== Segment start ==

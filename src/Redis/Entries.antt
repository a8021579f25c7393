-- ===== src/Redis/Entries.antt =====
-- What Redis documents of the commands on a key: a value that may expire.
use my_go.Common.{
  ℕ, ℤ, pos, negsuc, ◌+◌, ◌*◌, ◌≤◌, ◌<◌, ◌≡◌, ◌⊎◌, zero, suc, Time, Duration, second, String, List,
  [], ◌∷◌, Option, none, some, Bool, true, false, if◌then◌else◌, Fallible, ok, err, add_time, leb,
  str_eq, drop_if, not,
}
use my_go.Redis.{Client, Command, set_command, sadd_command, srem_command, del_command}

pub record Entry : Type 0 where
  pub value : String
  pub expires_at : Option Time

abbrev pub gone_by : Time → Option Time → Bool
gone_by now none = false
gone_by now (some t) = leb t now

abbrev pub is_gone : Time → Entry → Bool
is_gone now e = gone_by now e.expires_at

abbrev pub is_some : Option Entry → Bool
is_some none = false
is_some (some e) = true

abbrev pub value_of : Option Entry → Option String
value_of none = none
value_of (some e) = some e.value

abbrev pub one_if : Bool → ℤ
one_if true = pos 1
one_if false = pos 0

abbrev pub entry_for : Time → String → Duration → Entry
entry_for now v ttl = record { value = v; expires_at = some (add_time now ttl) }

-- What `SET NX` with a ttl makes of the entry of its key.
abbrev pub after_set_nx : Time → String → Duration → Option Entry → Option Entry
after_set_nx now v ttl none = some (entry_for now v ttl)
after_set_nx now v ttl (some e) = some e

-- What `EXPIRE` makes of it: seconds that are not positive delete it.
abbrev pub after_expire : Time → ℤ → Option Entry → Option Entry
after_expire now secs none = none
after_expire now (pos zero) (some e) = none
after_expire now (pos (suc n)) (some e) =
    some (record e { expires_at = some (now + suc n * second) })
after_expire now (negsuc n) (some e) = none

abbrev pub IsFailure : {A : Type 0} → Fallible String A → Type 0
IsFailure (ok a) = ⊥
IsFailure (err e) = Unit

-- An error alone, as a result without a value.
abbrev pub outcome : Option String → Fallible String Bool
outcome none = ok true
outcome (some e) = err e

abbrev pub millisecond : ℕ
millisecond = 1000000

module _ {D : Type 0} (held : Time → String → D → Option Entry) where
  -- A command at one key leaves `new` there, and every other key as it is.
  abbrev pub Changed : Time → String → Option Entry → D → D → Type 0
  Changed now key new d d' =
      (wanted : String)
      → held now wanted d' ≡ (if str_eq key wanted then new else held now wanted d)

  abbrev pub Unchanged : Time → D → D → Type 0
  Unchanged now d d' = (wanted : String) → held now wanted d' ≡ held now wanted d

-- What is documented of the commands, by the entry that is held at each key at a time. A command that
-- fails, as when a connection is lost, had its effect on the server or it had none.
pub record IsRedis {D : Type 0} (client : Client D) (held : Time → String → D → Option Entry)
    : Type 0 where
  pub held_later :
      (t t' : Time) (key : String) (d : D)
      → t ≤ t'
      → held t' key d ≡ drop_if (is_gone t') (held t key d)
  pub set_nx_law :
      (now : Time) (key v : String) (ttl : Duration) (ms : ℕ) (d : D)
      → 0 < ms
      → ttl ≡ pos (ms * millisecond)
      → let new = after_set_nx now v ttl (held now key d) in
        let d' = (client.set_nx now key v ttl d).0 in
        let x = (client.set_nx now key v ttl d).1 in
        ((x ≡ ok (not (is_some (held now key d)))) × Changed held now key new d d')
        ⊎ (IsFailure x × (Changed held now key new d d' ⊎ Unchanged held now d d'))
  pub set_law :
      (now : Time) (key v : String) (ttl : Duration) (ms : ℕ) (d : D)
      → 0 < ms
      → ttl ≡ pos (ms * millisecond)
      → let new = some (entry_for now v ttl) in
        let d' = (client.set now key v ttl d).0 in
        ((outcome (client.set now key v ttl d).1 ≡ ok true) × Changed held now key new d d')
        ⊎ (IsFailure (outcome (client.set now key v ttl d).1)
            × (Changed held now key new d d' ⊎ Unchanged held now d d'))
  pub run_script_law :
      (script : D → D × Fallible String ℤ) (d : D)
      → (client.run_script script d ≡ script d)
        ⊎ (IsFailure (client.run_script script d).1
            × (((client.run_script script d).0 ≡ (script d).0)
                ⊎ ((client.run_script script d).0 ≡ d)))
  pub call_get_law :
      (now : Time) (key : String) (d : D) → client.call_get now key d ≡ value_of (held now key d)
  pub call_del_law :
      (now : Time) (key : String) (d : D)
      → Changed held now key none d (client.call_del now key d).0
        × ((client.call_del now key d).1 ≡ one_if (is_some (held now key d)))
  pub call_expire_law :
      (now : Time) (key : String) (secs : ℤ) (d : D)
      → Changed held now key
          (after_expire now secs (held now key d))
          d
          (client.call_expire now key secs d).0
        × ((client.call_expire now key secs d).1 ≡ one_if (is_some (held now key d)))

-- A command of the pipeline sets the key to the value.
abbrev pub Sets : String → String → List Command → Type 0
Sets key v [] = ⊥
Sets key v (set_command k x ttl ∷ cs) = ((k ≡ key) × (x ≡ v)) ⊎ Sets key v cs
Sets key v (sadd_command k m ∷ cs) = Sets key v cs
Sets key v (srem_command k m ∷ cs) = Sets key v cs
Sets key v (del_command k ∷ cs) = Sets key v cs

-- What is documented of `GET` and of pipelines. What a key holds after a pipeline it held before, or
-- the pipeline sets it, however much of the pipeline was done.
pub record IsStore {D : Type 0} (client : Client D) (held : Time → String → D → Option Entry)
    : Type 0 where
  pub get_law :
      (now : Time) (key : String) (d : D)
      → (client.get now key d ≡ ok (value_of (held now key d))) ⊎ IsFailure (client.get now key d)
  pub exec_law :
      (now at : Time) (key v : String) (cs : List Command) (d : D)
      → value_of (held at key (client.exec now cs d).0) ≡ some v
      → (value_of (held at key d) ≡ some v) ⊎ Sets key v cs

== Segment end ==

• **Problem**
From the first line to the last, please quote the material above exactly.

• **Written solution**
filename src/Redis/Entries.antt
repository a8021579f25c7393
-- ===== src/Redis/Entries.antt =====
-- What Redis documents of the commands on a key: a value that may expire.
use my_go.Common.{
  ℕ, ℤ, pos, negsuc, ◌+◌, ◌*◌, ◌≤◌, ◌<◌, ◌≡◌, ◌⊎◌, zero, suc, Time, Duration, second, String, List,
  [], ◌∷◌, Option, none, some, Bool, true, false, if◌then◌else◌, Fallible, ok, err, add_time, leb,
  str_eq, drop_if, not,
}
use my_go.Redis.{Client, Command, set_command, sadd_command, srem_command, del_command}

pub record Entry : Type 0 where
  pub value : String
  pub expires_at : Option Time

abbrev pub gone_by : Time → Option Time → Bool
gone_by now none = false
gone_by now (some t) = leb t now

abbrev pub is_gone : Time → Entry → Bool
is_gone now e = gone_by now e.expires_at

abbrev pub is_some : Option Entry → Bool
is_some none = false
is_some (some e) = true

abbrev pub value_of : Option Entry → Option String
value_of none = none
value_of (some e) = some e.value

abbrev pub one_if : Bool → ℤ
one_if true = pos 1
one_if false = pos 0

abbrev pub entry_for : Time → String → Duration → Entry
entry_for now v ttl = record { value = v; expires_at = some (add_time now ttl) }

-- What `SET NX` with a ttl makes of the entry of its key.
abbrev pub after_set_nx : Time → String → Duration → Option Entry → Option Entry
after_set_nx now v ttl none = some (entry_for now v ttl)
after_set_nx now v ttl (some e) = some e

-- What `EXPIRE` makes of it: seconds that are not positive delete it.
abbrev pub after_expire : Time → ℤ → Option Entry → Option Entry
after_expire now secs none = none
after_expire now (pos zero) (some e) = none
after_expire now (pos (suc n)) (some e) =
    some (record e { expires_at = some (now + suc n * second) })
after_expire now (negsuc n) (some e) = none

abbrev pub IsFailure : {A : Type 0} → Fallible String A → Type 0
IsFailure (ok a) = ⊥
IsFailure (err e) = Unit

-- An error alone, as a result without a value.
abbrev pub outcome : Option String → Fallible String Bool
outcome none = ok true
outcome (some e) = err e

abbrev pub millisecond : ℕ
millisecond = 1000000

module _ {D : Type 0} (held : Time → String → D → Option Entry) where
  -- A command at one key leaves `new` there, and every other key as it is.
  abbrev pub Changed : Time → String → Option Entry → D → D → Type 0
  Changed now key new d d' =
      (wanted : String)
      → held now wanted d' ≡ (if str_eq key wanted then new else held now wanted d)

  abbrev pub Unchanged : Time → D → D → Type 0
  Unchanged now d d' = (wanted : String) → held now wanted d' ≡ held now wanted d

-- What is documented of the commands, by the entry that is held at each key at a time. A command that
-- fails, as when a connection is lost, had its effect on the server or it had none.
pub record IsRedis {D : Type 0} (client : Client D) (held : Time → String → D → Option Entry)
    : Type 0 where
  pub held_later :
      (t t' : Time) (key : String) (d : D)
      → t ≤ t'
      → held t' key d ≡ drop_if (is_gone t') (held t key d)
  pub set_nx_law :
      (now : Time) (key v : String) (ttl : Duration) (ms : ℕ) (d : D)
      → 0 < ms
      → ttl ≡ pos (ms * millisecond)
      → let new = after_set_nx now v ttl (held now key d) in
        let d' = (client.set_nx now key v ttl d).0 in
        let x = (client.set_nx now key v ttl d).1 in
        ((x ≡ ok (not (is_some (held now key d)))) × Changed held now key new d d')
        ⊎ (IsFailure x × (Changed held now key new d d' ⊎ Unchanged held now d d'))
  pub set_law :
      (now : Time) (key v : String) (ttl : Duration) (ms : ℕ) (d : D)
      → 0 < ms
      → ttl ≡ pos (ms * millisecond)
      → let new = some (entry_for now v ttl) in
        let d' = (client.set now key v ttl d).0 in
        ((outcome (client.set now key v ttl d).1 ≡ ok true) × Changed held now key new d d')
        ⊎ (IsFailure (outcome (client.set now key v ttl d).1)
            × (Changed held now key new d d' ⊎ Unchanged held now d d'))
  pub run_script_law :
      (script : D → D × Fallible String ℤ) (d : D)
      → (client.run_script script d ≡ script d)
        ⊎ (IsFailure (client.run_script script d).1
            × (((client.run_script script d).0 ≡ (script d).0)
                ⊎ ((client.run_script script d).0 ≡ d)))
  pub call_get_law :
      (now : Time) (key : String) (d : D) → client.call_get now key d ≡ value_of (held now key d)
  pub call_del_law :
      (now : Time) (key : String) (d : D)
      → Changed held now key none d (client.call_del now key d).0
        × ((client.call_del now key d).1 ≡ one_if (is_some (held now key d)))
  pub call_expire_law :
      (now : Time) (key : String) (secs : ℤ) (d : D)
      → Changed held now key
          (after_expire now secs (held now key d))
          d
          (client.call_expire now key secs d).0
        × ((client.call_expire now key secs d).1 ≡ one_if (is_some (held now key d)))

-- A command of the pipeline sets the key to the value.
abbrev pub Sets : String → String → List Command → Type 0
Sets key v [] = ⊥
Sets key v (set_command k x ttl ∷ cs) = ((k ≡ key) × (x ≡ v)) ⊎ Sets key v cs
Sets key v (sadd_command k m ∷ cs) = Sets key v cs
Sets key v (srem_command k m ∷ cs) = Sets key v cs
Sets key v (del_command k ∷ cs) = Sets key v cs

-- What is documented of `GET` and of pipelines. What a key holds after a pipeline it held before, or
-- the pipeline sets it, however much of the pipeline was done.
pub record IsStore {D : Type 0} (client : Client D) (held : Time → String → D → Option Entry)
    : Type 0 where
  pub get_law :
      (now : Time) (key : String) (d : D)
      → (client.get now key d ≡ ok (value_of (held now key d))) ⊎ IsFailure (client.get now key d)
  pub exec_law :
      (now at : Time) (key v : String) (cs : List Command) (d : D)
      → value_of (held at key (client.exec now cs d).0) ≡ some v
      → (value_of (held at key d) ≡ some v) ⊎ Sets key v cs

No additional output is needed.